EXERCISE DESCRIPTION>
Once the line holding "forwards-tun [] = refl" is found in the listing below, write it out and each later line exactly, up to and including the one holding "l.tun_queue l in".

MATERIAL SHOWN>
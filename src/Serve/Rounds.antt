-- ===== src/Serve/Rounds.antt =====
-- What a drain at the start of a round keeps.
use mathlib.Core.List.{append_assoc, append-nil}
use bonded.Session.{SessionFrame}
use bonded.Serve.{
  tun_return, forwarded, Loop, Service, drain_tun, drain_forward, then_unless, drain_rest,
  max_response_drain_per_cycle,
}
use bonded.Serve.Conserve.{
  pongs_sent, returns_sent, forwards_sent, client_data, answers, returns, forwards,
  pongs_sent-append, returns_sent-append, forwards_sent-append, drain_queue-Drained,
}
use bonded.Prelude.{
  ◌≡◌, refl, ap, ◌∙◌, Bool, true, false, not, ◌&&◌, List, [], ◌∷◌, ◌++◌, map, arith, Bool-cases,
  inl, inr, ◌⊎◌,
}

-- The bridge, where there is one, takes packets.
unfoldable pub can_submit : Service → Bool
can_submit s = not (s.use_tun_bridge && not s.bridge_open)

-- No frame is lost in a drain that goes on: a failed write ends the session, or all writes go through.
abbrev pub Lossless : Service → Loop → Type 0
Lossless s l = (s.drain_failure_ends ≡ true) ⊎ (l.accepts ≡ [])

-- What a stretch of the loop keeps, while `ta` and `fa` come into the queues.
pub record Balance (s : Service) (ta fa : List SessionFrame) (l : Loop) (r : Bool × Loop)
    : Type 0 where
  pub client : can_submit s ≡ true → client_data r.1 ≡ client_data l
  pub answered : r.0 ≡ true → answers r.1 ≡ answers l
  pub returned : Lossless s l → r.0 ≡ true → returns r.1 ≡ returns l ++ ta
  pub passed :
      s.use_tun_bridge ≡ false → Lossless s l → r.0 ≡ true → forwards r.1 ≡ forwards l ++ fa
  pub sure : l.accepts ≡ [] → r.1.accepts ≡ []

-- A drain changes nothing of the client's frames and answers, and where it does not fail, nothing of
-- what is sent or waits for the client.
pub record Quiet (l : Loop) (r : Bool × Loop) : Type 0 where
  pub client : client_data r.1 ≡ client_data l
  pub answered : answers r.1 ≡ answers l
  pub returned : r.0 ≡ true → returns r.1 ≡ returns l
  pub passed : r.0 ≡ true → forwards r.1 ≡ forwards l
  pub sure : l.accepts ≡ [] → (r.0 ≡ true) × (r.1.accepts ≡ [])

pongs-tun : (fs : List SessionFrame) → pongs_sent (map tun_return fs) ≡ []
unfolding pongs_sent
pongs-tun [] = refl
pongs-tun (f ∷ fs) = pongs-tun fs

pongs-forwarded : (fs : List SessionFrame) → pongs_sent (map forwarded fs) ≡ []
unfolding pongs_sent
pongs-forwarded [] = refl
pongs-forwarded (f ∷ fs) = pongs-forwarded fs

returns-tun : (fs : List SessionFrame) → returns_sent (map tun_return fs) ≡ fs
unfolding returns_sent
returns-tun [] = refl
returns-tun (f ∷ fs) = ap (λ xs. f ∷ xs) (returns-tun fs)

returns-forwarded : (fs : List SessionFrame) → returns_sent (map forwarded fs) ≡ []
unfolding returns_sent
returns-forwarded [] = refl
returns-forwarded (f ∷ fs) = returns-forwarded fs

forwards-tun : (fs : List SessionFrame) → forwards_sent (map tun_return fs) ≡ []
unfolding forwards_sent
forwards-tun [] = refl
forwards-tun (f ∷ fs) = forwards-tun fs

forwards-forwarded : (fs : List SessionFrame) → forwards_sent (map forwarded fs) ≡ fs
unfolding forwards_sent
forwards-forwarded [] = refl
forwards-forwarded (f ∷ fs) = ap (λ xs. f ∷ xs) (forwards-forwarded fs)

pub drain_tun-Quiet : (s : Service) (l : Loop) → Quiet l (drain_tun s l)
unfolding drain_tun
drain_tun-Quiet s l =
    let d = drain_queue-Drained s max_response_drain_per_cycle tun_return l.tun_queue l in
    let sent = map tun_return d.taken in
    record {
      client = grind arith;
      answered =
          grind (
            arith,
            pongs_sent-append l.sent sent,
            pongs-tun d.taken,
            append-nil (pongs_sent l.sent),
          );
      returned =
          λ h. grind (arith, returns_sent-append l.sent sent, returns-tun d.taken, append_assoc);
      passed = λ h. grind (
        arith,
        forwards_sent-append l.sent sent,
        forwards-tun d.taken,
        append-nil (forwards_sent l.sent),
      );
      sure = d.sure;
    }

drain_forward-Quiet : (s : Service) (l : Loop) → Quiet l (drain_forward s l)
unfolding drain_forward
drain_forward-Quiet s l =
    let d = drain_queue-Drained s max_response_drain_per_cycle forwarded l.forward_queue l in
    let sent = map forwarded d.taken in
    record {
      client = grind arith;
      answered = grind (
        arith,
        pongs_sent-append l.sent sent,
        pongs-forwarded d.taken,
        append-nil (pongs_sent l.sent),
      );
      returned = λ h. grind (
        arith,
        returns_sent-append l.sent sent,
        returns-forwarded d.taken,
        append-nil (returns_sent l.sent),
      );
      passed = λ h.
          grind (arith, forwards_sent-append l.sent sent, forwards-forwarded d.taken, append_assoc);
      sure = d.sure;
    }

pub drain_rest-Quiet : (s : Service) (l : Loop) → Quiet l (drain_rest s l)
unfolding drain_rest
drain_rest-Quiet s l = elim (Bool-cases s.use_tun_bridge) [
  | inr bridgeless ↦ rw (bridgeless, drain_rest) (drain_forward-Quiet s l)
  | inl bridged ↦
      rw (bridged, drain_rest)
        (record {
          client = refl;
          answered = refl;
          returned = λ h. refl;
          passed = λ h. refl;
          sure = λ h. (refl, h);
        })
]

-- A drain that does not end the session went through, where no frame may be lost.
goes_through :
    (s : Service) (l : Loop) (d : Bool × Loop)
    → Quiet l d
    → (s.drain_failure_ends && not d.0) ≡ false
    → Lossless s l
    → (d.0 ≡ true) × (Lossless s d.1)
goes_through s l d quiet on (inl ends) = (ground arith, inl ends)
goes_through s l d quiet on (inr none_fail) =
    let (went, rest) = quiet.sure none_fail in (went, inr rest)

-- A stretch that a drain comes before.
pub after_drain :
    (s : Service) (l : Loop) (d : Bool × Loop) (k : Loop → Bool × Loop)
    → Quiet l d
    → ((l₁ : Loop) → Balance s [] [] l₁ (k l₁))
    → Balance s [] [] l (then_unless s.drain_failure_ends d k)
unfolding then_unless
after_drain s l d k quiet later = elim (Bool-cases (s.drain_failure_ends && not d.0)) [
  | inl over ↦
      rw (over, then_unless)
        (record {
          client = λ h. quiet.client;
          answered = λ h. quiet.answered;
          returned = λ h g. ground arith;
          passed = λ h g f. ground arith;
          sure = λ h. (quiet.sure h).1;
        })
  | inr on ↦
      let b = later d.1 in
      rw (on, then_unless)
        (record {
          client = λ h. b.client h ∙ quiet.client;
          answered = λ h. b.answered h ∙ quiet.answered;
          returned = λ h g.
              let (went, safe) = goes_through s l d quiet on h in
              b.returned safe g ∙ ap (λ xs. xs ++ []) (quiet.returned went);
          passed = λ h g f.
              let (went, safe) = goes_through s l d quiet on g in
              b.passed h safe f ∙ ap (λ xs. xs ++ []) (quiet.passed went);
          sure = λ h. b.sure (quiet.sure h).1;
        })
]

EXERCISE ANSWER>
forwards-tun [] = refl
forwards-tun (f ∷ fs) = forwards-tun fs

forwards-forwarded : (fs : List SessionFrame) → forwards_sent (map forwarded fs) ≡ fs
unfolding forwards_sent
forwards-forwarded [] = refl
forwards-forwarded (f ∷ fs) = ap (λ xs. f ∷ xs) (forwards-forwarded fs)

pub drain_tun-Quiet : (s : Service) (l : Loop) → Quiet l (drain_tun s l)
unfolding drain_tun
drain_tun-Quiet s l =
    let d = drain_queue-Drained s max_response_drain_per_cycle tun_return l.tun_queue l in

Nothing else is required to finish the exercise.